# What to do
The lines to copy are those with "arith" in them. Pull each one from the entries below.

# Available data
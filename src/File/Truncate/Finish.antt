-- ===== src/File/Truncate/Finish.antt =====
-- The second half of `File::ShrinkFile` (lib/file.cc) for a file that is cut to nothing: the old
-- version becomes a parent, the new record is written, and the parent is recycled.
use blockfs.Prelude.{
  ℕ, ◌+◌, ◌*◌, ◌≤◌, ◌≡◌, ◌≢◌, refl, ap, ◌∙◌, sym, subst, [], ◌∷◌, false, arith, nat_eq, ==_refl,
  ◌==◌,
}
use blockfs.Prelude.Map.{erase, update, update_at}
use blockfs.File.Shrink.{recycle}
use blockfs.Meta.{FileMeta, k_block_fs_page_size, minus_one}
use blockfs.FileHandle.Named.Noted.{field_same}
use blockfs.Directory.{page_align_index}
use blockfs.File.{clear_file_meta, write_file_slot, write_file_meta}
use blockfs.File.Grow.{slot_saved, write_file_slot_lem}
use blockfs.File.Parent.{parent, old_fh, old_fh-is, recycled, recycle-recycled}
use blockfs.File.Shrink.{remove_parent_file, recycle_parent_fh}
use blockfs.State.{Fs, ParentFile, Action, Outcome, ok, ◌>>=◌, on_file_slot, on_file_handle}

-- The page of a record lies on the device.
abbrev pub Fits : ℕ → Fs → Type 0
Fits i s =
    s.super_meta.file_meta_offset
      + s.super_meta.file_meta_size * page_align_index s.super_meta.file_meta_size i
      + k_block_fs_page_size
    ≤ s.dev.dev_size

-- Writing the record of a file whose slot is known.
pub write_file_meta_at :
    (file n : ℕ) (s : Fs)
    → (s.files file).meta ≡ n
    → (s.file_handle.metas n).fh ≡ n
    → s.dev.outcomes ≡ []
    → Fits n s
    → write_file_meta file s ≡ ok tt (slot_saved n s)
unfolding write_file_meta
write_file_meta_at file n s at own quiet fits =
    ap (λ i. write_file_slot (s.file_handle.metas i).fh s) at
    ∙ ap (λ i. write_file_slot i s) own
    ∙ write_file_slot_lem n s quiet fits

pub update_elsewhere :
    (metas : ℕ → FileMeta) (i j : ℕ) (m : FileMeta) → j ≢ i → update metas i m j ≡ metas j
update_elsewhere metas i j m apart = let other : (j == i) ≡ false = ground arith in rw other refl

-- Saving a slot changes no field of a record but the checksum.
pub slot_saved-field :
    {A : Type 0} (get : FileMeta → A)
    → ((c : ℕ) (m : FileMeta) → get (record m { crc = c }) ≡ get m)
    → (i j : ℕ) (s : Fs) → get ((slot_saved i s).file_handle.metas j) ≡ get (s.file_handle.metas j)
slot_saved-field get keeps i j s =
    field_same get s.file_handle.metas j i (λ m. record m { crc = s.crc32.of_file m })
      (λ m. keeps (s.crc32.of_file m) m)

pub slot_saved-fh :
    (i j : ℕ) (s : Fs) → ((slot_saved i s).file_handle.metas j).fh ≡ (s.file_handle.metas j).fh
slot_saved-fh i j s = slot_saved-field (λ m. m.fh) (λ c m. refl) i j s

pub bind_ok :
    {A B : Type 0} (m : Action A) (f : A → Action B) (s t : Fs) (a : A) {r : Outcome B}
    → m s ≡ ok a t
    → f a t ≡ r
    → (m >>= f) s ≡ r
bind_ok m f s t a run next = rw (run, ◌>>=◌) next

-- The last part: the parent is recycled.
module _ (file fb o n : ℕ) (p : ParentFile) (u : Fs) where
  -- The file has its new record, and the old one is that of its only parent.
  pub record IsSaved : Type 0 where
    pub is_parent : p ≡ parent o fb 0 u
    pub at : (u.files file).meta ≡ n
    pub new_fh : (u.file_handle.metas n).fh ≡ n
    pub old_is : (u.file_handle.metas o).fh ≡ o
    pub apart : n ≢ o
    pub parents : u.file_handle.parent_files ≡ (o, p) ∷ []
    pub quiet : u.dev.outcomes ≡ []
    pub fits_new : Fits n u
    pub fits_old : Fits o u
    pub fits_block :
        u.super_meta.file_block_meta_offset
          + u.super_meta.file_block_meta_size * fb
          + u.super_meta.file_block_meta_size
        ≤ u.dev.dev_size

  abbrev pub unparented : Fs
  unparented = on_file_handle (λ h. record h { parent_files = [] }) u

  unfoldable pub given_back : Fs
  given_back = recycled o fb 0 unparented

  remove_parent_file-given_back : IsSaved → remove_parent_file o u ≡ ok tt given_back
  unfolding remove_parent_file given_back
  remove_parent_file-given_back r =
      let erased : erase o ((o, p) ∷ []) ≡ [] = rw (==_refl o) refl in
      let own : Fits (old_fh o fb 0 unparented) u =
        subst (λ i. Fits i u) (sym (old_fh-is o fb 0 unparented ∙ r.old_is)) r.fits_old in
      let done : recycle (parent o fb 0 u) unparented ≡ ok tt (recycled o fb 0 unparented) =
        recycle-recycled o fb 0 unparented r.quiet r.fits_block own in
      let same : recycle p unparented ≡ recycle (parent o fb 0 u) unparented =
        ap (λ q. recycle q unparented) r.is_parent in
      rw (r.parents, ◌>>=◌) rw (==_refl o, ◌>>=◌)
        (ap (λ m. recycle p (on_file_handle (λ h. record h { parent_files = m }) u)) erased
          ∙ same
          ∙ done)

  -- What `recycled` does to the fields of files and of records elsewhere.
  given_back-fh : IsSaved → (given_back.file_handle.metas n).fh ≡ n
  unfolding given_back clear_file_meta
  given_back-fh r =
      slot_saved-fh (old_fh o fb 0 unparented) n (on_file_slot o clear_file_meta unparented)
      ∙ ap (λ m. m.fh) (update_elsewhere u.file_handle.metas o n _ r.apart)
      ∙ r.new_fh

  abbrev unlinked : Fs
  unlinked = on_file_slot n (λ m. record m { parent_fh = minus_one; parent_size = 0 }) given_back

  unfoldable pub recycled_saved : Fs
  recycled_saved = slot_saved n unlinked

  pub recycle_parent_fh-recycled : IsSaved → recycle_parent_fh file o u ≡ ok tt recycled_saved
  unfolding recycle_parent_fh recycled_saved given_back
  recycle_parent_fh-recycled r =
      bind_ok (remove_parent_file o) _ u given_back tt (remove_parent_file-given_back r) (
        ap
          (λ k.
            write_file_meta file (
              on_file_slot k (λ m. record m { parent_fh = minus_one; parent_size = 0 }) given_back))
          r.at
        ∙ write_file_meta_at file n unlinked r.at
            (field_same (λ m. m.fh) given_back.file_handle.metas n n
                (λ m. record m { parent_fh = minus_one; parent_size = 0 }) (λ m. refl)
              ∙ given_back-fh r)
            refl r.fits_new)

  abbrev cleared : Fs
  cleared = on_file_slot o clear_file_meta unparented

  pub recycled_saved-field :
      {A : Type 0} (get : FileMeta → A)
      → ((c : ℕ) (m : FileMeta) → get (record m { crc = c }) ≡ get m)
      → ((m : FileMeta) → get (record m { parent_fh = minus_one; parent_size = 0 }) ≡ get m)
      → IsSaved
      → get (recycled_saved.file_handle.metas n) ≡ get (u.file_handle.metas n)
  unfolding recycled_saved given_back clear_file_meta
  recycled_saved-field get keeps keeps' r =
      slot_saved-field get keeps n n unlinked
      ∙ field_same get given_back.file_handle.metas n n
          (λ m. record m { parent_fh = minus_one; parent_size = 0 }) keeps'
      ∙ slot_saved-field get keeps (old_fh o fb 0 unparented) n cleared
      ∙ ap get (update_elsewhere u.file_handle.metas o n _ r.apart)

  pub recycled_saved-used : IsSaved → (recycled_saved.file_handle.metas o).used ≡ false
  unfolding recycled_saved given_back clear_file_meta
  recycled_saved-used r =
      slot_saved-field (λ m. m.used) (λ c m. refl) n o unlinked
      ∙ ap (λ m. m.used)
          (update_elsewhere given_back.file_handle.metas n o _ (λ e. r.apart (sym e)))
      ∙ slot_saved-field (λ m. m.used) (λ c m. refl) (old_fh o fb 0 unparented) o cleared
      ∙ ap (λ m. m.used) (update_at u.file_handle.metas o _)
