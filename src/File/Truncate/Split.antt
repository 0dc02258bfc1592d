-- ===== src/File/Truncate/Split.antt =====
-- The middle of `File::ShrinkFile` (lib/file.cc) for a file that is cut to nothing: the blocks of the
-- file move to its old version, and both records are written.
use blockfs.Prelude.{ℕ, ◌+◌, ◌*◌, ◌≤◌, ◌≡◌, ◌≢◌, refl, ap, ◌∙◌, [], ◌∷◌, nat_eq}
use blockfs.Prelude.Map.{update_at}
use blockfs.File.{write_file_slot, write_file_meta}
use blockfs.File.Grow.{slot_saved, write_file_slot_lem}
use blockfs.File.Parent.{parent}
use blockfs.File.Shrink.{new_parent_file, recycle_parent_fh}
use blockfs.File.Truncate.Finish.{
  Fits, write_file_meta_at, slot_saved-fh, bind_ok, IsSaved, recycled_saved,
  recycle_parent_fh-recycled,
}
use blockfs.FileHandle.{add_parent_file}
use blockfs.FileHandle.Named.Noted.{field_same}
use blockfs.State.{
  Fs, ParentFile, Action, Outcome, ok, ◌>>=◌, ◌>>◌, pure, modify, on_file, on_file_slot,
  on_file_meta, on_file_handle,
}

-- `ShrinkFile` from the moment that the file is entered under its new record, with nothing inherited:
-- there is no file block to add or to write.
abbrev pub shrink_rest : ℕ → ℕ → ℕ → Action (Unit {0})
shrink_rest file old_slot old_fh = do
  p ← new_parent_file file old_slot 0
  add_parent_file p
  pure tt
  modify (on_file_meta file λ m. record m { size = 0 })
  write_file_meta file
  pure tt
  write_file_slot old_fh
  recycle_parent_fh file old_fh

module _ (file fb o n : ℕ) (w : Fs) where
  -- The file has its new record, and the old one is its own.
  pub record IsReady : Type 0 where
    pub at : (w.files file).meta ≡ n
    pub items : (w.files file).item_maps ≡ (0, fb) ∷ []
    pub new_fh : (w.file_handle.metas n).fh ≡ n
    pub old_is : (w.file_handle.metas o).fh ≡ o
    pub apart : n ≢ o
    pub parents : w.file_handle.parent_files ≡ []
    pub quiet : w.dev.outcomes ≡ []
    pub fits_new : Fits n w
    pub fits_old : Fits o w
    pub fits_block :
        w.super_meta.file_block_meta_offset
          + w.super_meta.file_block_meta_size * fb
          + w.super_meta.file_block_meta_size
        ≤ w.dev.dev_size

  abbrev pub old_version : ParentFile
  old_version = parent o fb 0 w

  abbrev pub detached : Fs
  detached = on_file file (λ v. record v { item_maps = [] }) w

  -- The file without blocks, and its old version among the parents.
  abbrev pub split_off : Fs
  split_off = on_file_handle (λ h. record h { parent_files = (o, old_version) ∷ [] }) detached

  new_parent_file-parent : IsReady → new_parent_file file o 0 w ≡ ok old_version detached
  unfolding new_parent_file
  new_parent_file-parent r =
      ap (λ items. ok (record { meta = o; offset = 0; fb_maps = items }) detached) r.items

  add_parent_file-parent : IsReady → add_parent_file old_version detached ≡ ok tt split_off
  unfolding add_parent_file
  add_parent_file-parent r =
      rw (r.parents, add_parent_file, ◌>>=◌)
        (ap
          (λ i.
            ok tt
              (on_file_handle (λ h. record h { parent_files = (i, old_version) ∷ [] }) detached))
          r.old_is)

  pub at_new : IsReady → (split_off.files file).meta ≡ n
  at_new r = ap (λ v. v.meta) (update_at w.files file _) ∙ r.at

  abbrev pub resized : Fs
  resized = on_file_slot n (λ m. record m { size = 0 }) split_off

  resized-fh : (j : ℕ) → (resized.file_handle.metas j).fh ≡ (w.file_handle.metas j).fh
  resized-fh j =
      field_same (λ m. m.fh) w.file_handle.metas j n (λ m. record m { size = 0 }) (λ m. refl)

  unfoldable pub new_saved : Fs
  new_saved = slot_saved n resized

  unfoldable pub both_saved : Fs
  both_saved = slot_saved o new_saved

  write_resized : IsReady → write_file_meta file resized ≡ ok tt new_saved
  unfolding new_saved
  write_resized r =
      write_file_meta_at file n resized (at_new r) (resized-fh n ∙ r.new_fh) r.quiet r.fits_new

  write_old : IsReady → write_file_slot o new_saved ≡ ok tt both_saved
  unfolding new_saved both_saved
  write_old r = write_file_slot_lem o new_saved refl r.fits_old

  pub both_saved-IsSaved : IsReady → IsSaved file fb o n old_version both_saved
  unfolding both_saved new_saved
  both_saved-IsSaved r = record {
    is_parent = refl;
    at = at_new r;
    new_fh = slot_saved-fh o n new_saved ∙ slot_saved-fh n n resized ∙ resized-fh n ∙ r.new_fh;
    old_is = slot_saved-fh o o new_saved ∙ slot_saved-fh n o resized ∙ resized-fh o ∙ r.old_is;
    apart = r.apart;
    parents = refl;
    quiet = refl;
    fits_new = r.fits_new;
    fits_old = r.fits_old;
    fits_block = r.fits_block;
  }

  -- The file's own record is that of its new slot.
  resize :
      IsReady
      → (k : Action (Unit {0})) {out : Outcome (Unit {0})} → k resized ≡ out
      → (modify (on_file_meta file λ m. record m { size = 0 }) >> k) split_off ≡ out
  resize r k next =
      ap (λ i. k (on_file_slot i (λ m. record m { size = 0 }) split_off)) (at_new r) ∙ next

  pub shrink_rest-recycled :
      IsReady → shrink_rest file o o w ≡ ok tt (recycled_saved file fb o n old_version both_saved)
  shrink_rest-recycled r =
      bind_ok (new_parent_file file o 0) _ w detached old_version (new_parent_file-parent r) (
        bind_ok (add_parent_file old_version) _ detached split_off tt (add_parent_file-parent r) (
          resize r
            (write_file_meta file >> (pure tt >> (write_file_slot o >> recycle_parent_fh file o)))
            (bind_ok (write_file_meta file)
              (λ _. pure tt >> (write_file_slot o >> recycle_parent_fh file o)) resized new_saved tt
              (write_resized r)
              (bind_ok (write_file_slot o) (λ _. recycle_parent_fh file o) new_saved both_saved tt
                (write_old r)
                (recycle_parent_fh-recycled file fb o n old_version both_saved
                  (both_saved-IsSaved r))))))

# Solution to this exercise
  ℕ, ◌+◌, ◌*◌, ◌≤◌, ◌≡◌, ◌≢◌, refl, ap, ◌∙◌, sym, subst, [], ◌∷◌, false, arith, nat_eq, ==_refl,
update_elsewhere metas i j m apart = let other : (j == i) ≡ false = ground arith in rw other refl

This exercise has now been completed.